The Level-2 data are the basic research data provided for use by MMS instrument teams and the scientific community. They are released 30 days after receipt of data from the spacecraft. They are produced for both the Burst and Survey data. They incorporate updates to calibration factors developed during that 30 day interval. The basic scientific quantities are the phase space densities and the plasma moments. Additionally, uncertainties in these quantities are provided at the one-sigma level. These uncertainties are based entirely on Poisson statistics, i.e. the counting statistics (Gershman et al. 2015a, 2015b).

The Level-2 data product also provides information suitable for producing visualizations of the 3D skymaps in the forms of: (1) Energy-time ion spectrograms (ion flux versus time) for a set of 6 directions (sunward, antisunward, dusk, dawn, and ecliptic north and south). (2) Electron pitch angle spectrograms (electron flux versus time) that subsume energy information by summing or averaging over several specific sets of energies. (3) Energy-time spectrograms for electrons sorted into parallel, anti-parallel, and perpendicular angular ranges to differentiate regions of differing magnetic topology for the purpose of identifying magnetic field aligned structures.

7 Summary

The MMS Fast Plasma Investigation measures electron and ion differential directional flux distributions on MMS at high temporal resolution. Our approach to conducting these measurements is to use for each species, electrons and ions, eight \(180^{\circ}\) top hat spectrometers, packaged as dual spectrometers that we refer to as DES for electrons and DIS for ions. The two sets of four spectrometers on each spacecraft are supported by a single block redundant IDPU that communicates with the Instrument Suite CIDP, controls the spectrometers, and collects data from them.

The spectrometers were designed and built with high precision and uniformity, as verified by instrument test and calibration. Extensive ground calibration gave a solid base line for understanding the behavior of the sensors.

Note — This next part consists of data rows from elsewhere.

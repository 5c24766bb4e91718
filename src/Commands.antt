-- ===== src/Commands.antt =====
-- The small programs of bins/src.
pub mod Target
pub mod Listing
pub mod Ifchange
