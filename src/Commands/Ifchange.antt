-- ===== src/Commands/Ifchange.antt =====
-- The targets of bins/src/redo_ifchange.rs, from its arguments and from files that list targets.
use redo.Base.{
  ℕ, List, [], ◌∷◌, ◌++◌, Text, codes, text_eq, is_empty, split_on, ◌==◌, Option, none, some,
  if◌then◌else◌, ◌>>=◌, Result, ok, err, bad_text, no_path, io,
}

-- A carriage return at the end of a line is dropped.
unfoldable pub drop_cr : List ℕ → List ℕ
drop_cr [] = []
drop_cr (c ∷ []) = if c == 13 then [] else c ∷ []
drop_cr (c ∷ d ∷ s) = c ∷ drop_cr (d ∷ s)

-- `from_utf8` is the standard library's, and `read_bytes` reads a file or the standard input.
module _ (from_utf8 : List ℕ → Option Text) (read_bytes : Text → Option (List ℕ)) where
  unfoldable pub decode_targets : List (List ℕ) → Result (List Text)
  unfolding is_empty
  decode_targets [] = ok []
  decode_targets (e ∷ es) =
      let rest = decode_targets es in
      if is_empty e
      then rest
      else elim (from_utf8 e) [ none ↦ err bad_text | some t ↦ rest >>= (λ ts. ok (t ∷ ts)) ]

  unfoldable pub without_cr : List (List ℕ) → List (List ℕ)
  unfolding drop_cr
  without_cr [] = []
  without_cr (l ∷ ls) = drop_cr l ∷ without_cr ls

  unfoldable pub parse_newline_separated_targets : List ℕ → Result (List Text)
  unfolding split_on decode_targets without_cr
  parse_newline_separated_targets bytes = decode_targets (without_cr (split_on 10 bytes))

  unfoldable pub parse_nul_separated_targets : List ℕ → Result (List Text)
  unfolding split_on decode_targets
  parse_nul_separated_targets bytes = decode_targets (split_on 0 bytes)

  unfoldable pub read_depfile_bytes : Text → Result (List ℕ)
  read_depfile_bytes path = elim (read_bytes path) [ none ↦ err io | some bytes ↦ ok bytes ]

  -- Targets, and those of the arguments that follow.
  abbrev pub followed_by : Result (List Text) → Result (List Text) → Result (List Text)
  followed_by first rest = first >>= (λ ts. rest >>= (λ us. ok (ts ++ us)))

  unfoldable pub parse_targets : List Text → Result (List Text)
  unfolding text_eq read_depfile_bytes parse_newline_separated_targets parse_nul_separated_targets
  parse_targets [] = ok []
  parse_targets (a ∷ []) =
      if text_eq a (codes "--")
      then ok []
      else if text_eq a (codes "--from-file")
      then err no_path
      else if text_eq a (codes "--from-file0")
      then err no_path
      else ok (a ∷ [])
  parse_targets (a ∷ b ∷ args) =
      let behind = parse_targets args in
      let rest = parse_targets (b ∷ args) in
      if text_eq a (codes "--")
      then ok (b ∷ args)
      else if text_eq a (codes "--from-file")
      then followed_by (read_depfile_bytes b >>= parse_newline_separated_targets) behind
      else if text_eq a (codes "--from-file0")
      then followed_by (read_depfile_bytes b >>= parse_nul_separated_targets) behind
      else followed_by (ok (a ∷ [])) rest
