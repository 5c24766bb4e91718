-- ===== src/Commands/Listing.antt =====
-- The programs that list: bins/src/redo_sources.rs, bins/src/redo_targets.rs and
-- bins/src/redo_whichdo.rs. What is printed is a list of lines.
use redo.Base.{
  ℕ, Bool, List, [], ◌∷◌, map, Text, is_empty, text_leb, none, some, if◌then◌else◌, ◌==◌,
}
use redo.Paths.Components.{join}
use redo.Paths.DoFiles.{DoFile, possible_do_files}
use redo.Store.Rows.{FileRow, File, from_row}
use redo.Store.Transactions.{State}
use redo.Store.Stamps.{exists}
use redo.Store.Files
use redo.Store.Files.{World}
use redo.Builder.Script.{do_path}

-- `order by name`
unfoldable pub insert_row : FileRow → List FileRow → List FileRow
unfolding text_leb
insert_row r [] = r ∷ []
insert_row r (q ∷ rs) =
    let rest = insert_row r rs in if text_leb r.name q.name then r ∷ (q ∷ rs) else q ∷ rest

unfoldable pub rows_by_name : List FileRow → List FileRow
unfolding insert_row
rows_by_name [] = []
rows_by_name (r ∷ rs) = insert_row r (rows_by_name rs)

-- What a program prints, and its exit status.
abbrev pub Printed : Type 0
Printed = List Text × ℕ

module _ (w : World) where
  -- `state::files`
  unfoldable pub files : State → List File
  unfolding from_row rows_by_name
  files s = map (from_row w.runid) (rows_by_name s.db.files)

  -- The path of a file from the current directory, or else its name.
  unfoldable pub shown : File → Text
  unfolding join
  shown f = elim (w.diff_paths (join w.base f.name) w.cwd) [ none ↦ f.name | some rel ↦ rel ]

  unfoldable pub shown_if : (File → Bool) → List File → List Text
  unfolding shown
  shown_if p [] = []
  shown_if p (f ∷ fs) = let rest = shown_if p fs in if p f then shown f ∷ rest else rest

  unfoldable pub redo_sources : ℕ → State → Printed
  unfolding shown_if files Files.is_source
  redo_sources arguments s =
      if arguments == 1 then (shown_if (Files.is_source w) (files s), 0) else ([], 1)

  unfoldable pub redo_targets : ℕ → State → Printed
  unfolding shown_if files Files.is_target
  redo_targets arguments s =
      if arguments == 1 then (shown_if (Files.is_target w) (files s), 0) else ([], 1)

  abbrev pub also_print : Text → Printed → Printed
  also_print t (ts, status) = (t ∷ ts, status)

  -- The candidates up to the first one that exists.
  unfoldable pub which : List DoFile → Printed
  unfolding exists Files.difference
  which [] = ([], 1)
  which (c ∷ cs) =
      let line = Files.difference w (do_path c) w.cwd in
      let rest = also_print line (which cs) in
      if exists w.fs (do_path c) then (line ∷ [], 0) else rest

  unfoldable pub redo_whichdo : List Text → Printed
  unfolding is_empty join which possible_do_files
  redo_whichdo [] = ([], 1)
  redo_whichdo (want ∷ []) =
      if is_empty want then ([], 204) else which (possible_do_files (join w.cwd want) w.base)
  redo_whichdo (want ∷ more ∷ rest) = ([], 1)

An extensive program of in-flight calibration is executed for the purpose of maintaining a high standard of instrument calibration for all units. Quantities of interest in this calibration program include the detector systems’ operating points, detection efficiencies, and HV stepping supply performance.

Table 11 provides information on mass, power, and data rates for the major components of FPI. Figure 58 shows the three primary FPI elements mounted for flight on an MMS observatory. Figure 58a shows a DES (left) and DIS (right), with solar panel cells visible in the background. The spectrometers are shown hanging off the bottom side of the instrument deck. In this flight photo, the spacecraft z-axis points upward and, as the spacecraft spins, the two spectrometers would spin past the viewer from left to right. Figure 58b shows a flight IDPU also mounted for flight on an MMS observatory. Like the spectrometers, the IDPU hangs upside down from the instrument deck, though internal to the spacecraft with no view to the external plasma.

Fig. 58
figure 58

Elements of the FPI, installed and ready for flight

Table 11 FPI mass, power, and data rate

This approach of deploying many instruments to perform the FPI measurements required an unusually large effort in the manufacture, test, calibration, and documentation of flight hardware, which comprises 36 fully functional flight boxes (64 top hat plasma spectrometers packaged in pairs and 4 IDPUs). Innovation was required and important lessons were learned. FPI’s high time resolution and quality sensor designs and their characterizations will enable new discoveries exploring Earth’s magnetospheric electron and ion phase space distributions in and near the diffusion regions of reconnecting plasmas.